This file photo taken on February 14, 2013 shows Australian newspapers leading their front pages in Australia with the story of Ben Zygier after Israel confirmed it jailed a foreigner in solitary confinement on security grounds who later committed suicide, with Australia admitting it knew one of its citizens had been detained. (WILLIAM WEST/AFP/Getty Images)

It turns out that a second inmate was being held at Ayalon Prison at the same time as Ben Zygier, now known as Prisoner X, when he committed suicide in 2010, the Jerusalem Post reports. It is unclear, however, whether the anonymous prisoner still resides at Ayalon. According to Zygier’s lawyer, Avigdor Feldman, the second inmate, who is being called Prisoner X2, committed crimes far graver than Zygier’s.

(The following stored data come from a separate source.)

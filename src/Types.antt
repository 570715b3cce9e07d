-- ===== src/Types.antt =====
-- types.rs and shar/error.rs: CRDT nodes, the operations that move edits around, and the errors.
-- A `char` is its code point, a `PathBuf` the list of the components that its `iter` yields.
use shario.Prelude.{ℕ, String, Bool, false, Option, List, Identity, string_eq}

pub data Error : Type 0 where
  generic read_fail out_of_bounds : String → Error

unfoldable pub error_eq : Error → Error → Bool
error_eq (generic a) (generic b) = string_eq.beq a b
error_eq (read_fail a) (read_fail b) = string_eq.beq a b
error_eq (out_of_bounds a) (out_of_bounds b) = string_eq.beq a b
error_eq _ _ = false

-- A Rust `Result`, or `fault`: a panic, or a loop that does not end.
pub data Result {ℓ} (A : Type ℓ) : Type ℓ where
  ok : A → Result A
  err : Error → Result A
  fault : Result A

abbrev pub PathBuf : Type 0
PathBuf = List String

pub record CrdtRelation : Type 0 where
  pub value : ℕ
  pub parent_id : ℕ
  pub parent_peer : ℕ
  pub deleted : Bool

-- CrdtRelation::new
abbrev pub new_relation : ℕ → ℕ → ℕ → CrdtRelation
new_relation value parent_id parent_peer = record {
  value = value;
  parent_id = parent_id;
  parent_peer = parent_peer;
  deleted = false;
}

abbrev pub parent_of : CrdtRelation → Identity
parent_of r = (r.parent_id, r.parent_peer)

pub record Crdt : Type 0 where
  pub id : ℕ
  pub peer : ℕ
  pub relation : CrdtRelation

abbrev pub identity_of : Crdt → Identity
identity_of c = (c.id, c.peer)

pub record NetworkAdd : Type 0 where
  pub file_path : PathBuf
  pub crdt : Crdt
  pub row : ℕ

pub record Remove : Type 0 where
  pub file_path : PathBuf
  pub id : ℕ
  pub peer : ℕ
  pub row : ℕ

pub record IdeAdd : Type 0 where
  pub file_path : PathBuf
  pub parent_id : Option ℕ
  pub parent_peer : Option ℕ
  pub parent_tag : Option ℕ
  pub val : ℕ
  pub tag : ℕ
  pub line_hint : ℕ

pub data NetworkOp : Type 0 where
  add : NetworkAdd → NetworkOp
  remove : Remove → NetworkOp

pub record IdeAddConfirmed : Type 0 where
  pub tag : ℕ
  pub id : ℕ
  pub peer : ℕ

-- A message "join"
pub record Connect : Type 0 where
  pub local : Bool
  pub path : PathBuf
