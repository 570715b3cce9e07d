-- ===== src/Tree/File.antt =====
-- shar/core/tree.rs, `SharFile`: one file's characters by identity, and their lines and columns.
use mathlib.Core.Option
use shario.Prelude.{
  ℕ, zero, suc, ◌-◌, Bool, ◌||◌, Option, none, some, List, [], ◌∷◌, leb, ◌==◌, if◌then◌else◌,
  Identity, identity_eq, length, get_elem?,
}
use shario.Types.{Result, ok, err, fault, PathBuf, CrdtRelation}
use shario.HashMap
use shario.HashMap.{HashMap}

-- '\n', '\r', '\u{0B}', '\u{0C}', '\u{85}', '\u{2028}', '\u{2029}'
unfoldable pub is_line_break : ℕ → Bool
is_line_break c =
    c == 10 || c == 13 || c == 0x0B || c == 0x0C || c == 0x85 || c == 0x2028 || c == 0x2029

abbrev pub Projection : Type 0
Projection = List (List Identity)

abbrev pub Characters : Type 0
Characters = HashMap Identity CrdtRelation

pub record SharFile : Type 0 where
  pub file_path : PathBuf
  pub characters : Characters
  pub projection : Projection

abbrev pub root : Identity
root = (0, 0)

-- `_get_id_peer`; `self.projection.len() - 1` underflows on a projection with no row.
unfoldable pub get_id_peer : SharFile → ℕ × ℕ → Result (Option Identity)
get_id_peer f (row, col) = elim f.projection [
  | [] ↦ fault
  | first ∷ rest ↦
      if leb row (length (first ∷ rest) - 1)
      then elim (get_elem? (first ∷ rest) row) [
        | some line ↦ ok (get_elem? line col)
        | none ↦ fault
      ]
      else ok none
]

unfoldable pub last : List Identity → Option Identity
last [] = none
last (x ∷ []) = some x
last (x ∷ y ∷ ys) = last (y ∷ ys)

unfoldable pub predecessor_identity : SharFile → ℕ × ℕ → Option Identity
unfolding last
predecessor_identity f (row, suc col) =
    Option.bind (get_elem? f.projection row) (λ line. get_elem? line col)
predecessor_identity f (zero, zero) = none
predecessor_identity f (suc row, zero) = Option.bind (get_elem? f.projection row) last

unfoldable pub full_state : SharFile → Characters
full_state f = HashMap.remove root f.characters

-- A line with the character of each identity; `self.characters[&(id, peer)]` must be there.
unfoldable pub line_values : Characters → List Identity → Result (List (Identity × ℕ))
line_values chars [] = ok []
line_values chars (k ∷ ks) = elim (HashMap.get k chars) [
  | none ↦ fault
  | some relation ↦ elim (line_values chars ks) [
    | ok rest ↦ ok ((k, relation.value) ∷ rest)
    | err e ↦ err e
    | fault ↦ fault
  ]
]

unfoldable pub lines_values : Characters → Projection → Result (List (List (Identity × ℕ)))
unfolding line_values
lines_values chars [] = ok []
lines_values chars (line ∷ lines) = elim (line_values chars line) [
  | err e ↦ err e
  | fault ↦ fault
  | ok first ↦ elim (lines_values chars lines) [
    | ok rest ↦ ok (first ∷ rest)
    | err e ↦ err e
    | fault ↦ fault
  ]
]

unfoldable pub identities_with_values : SharFile → Result (List (List (Identity × ℕ)))
unfolding lines_values
identities_with_values f = lines_values f.characters f.projection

Feldman said that the second undisclosed prisoner was being held for offenses that were much more “sensationalist and incredible” than those allegations that Ben Zygier was facing.

While Zygier was imprisoned while on trial, Prisoner X2 was actually convicted, Haaretz reports. Feldman said he was “shocked” upon hearing the second prisoner’s story. He laid out some of the facts and similarities between the two cases:

“One: they’re both Israelis. Two: They worked for a security agency of the highest level of secrecy. Three — and this is important — their activity points to a security failure that allowed the crime to be committed, secrets to be kept, or other deeds to be done,” Feldman said on “Boker Tov Yisrael” (Good morning Israel).

According to Reuters, the information about Prisoner X2 emerged in a report published Monday.

The Justice Ministry on Monday published a previously redacted report on Zygier’s suicide, which included mention of the second, unidentified, detainee, held in another wing of the same prison. The ministry provided no further information.

In February, Tablet’s Elissa Goldstein wrote about Zygier, who was from her close-knit hometown of Melbourne:

I was up late last night trawling the Internet for fresh news on the case of Prisoner X. Mostly I read the same information again and again, recycled by different media outlets and news agencies, and I found myself seriously pondering for the first time the phrase “X marks the spot.” As a symbol it seeks to nullify and eliminate, but it also draws attention to itself; to what lies beneath the surface. It’s an apt metaphor for not just the disappearance of Ben Zygier, but for his community’s response to his disappearance: seeing but not seeing, speaking but not speaking.

Just like Zygier’s, Prisoner X2’s story is, for now, still shrouded in mystery.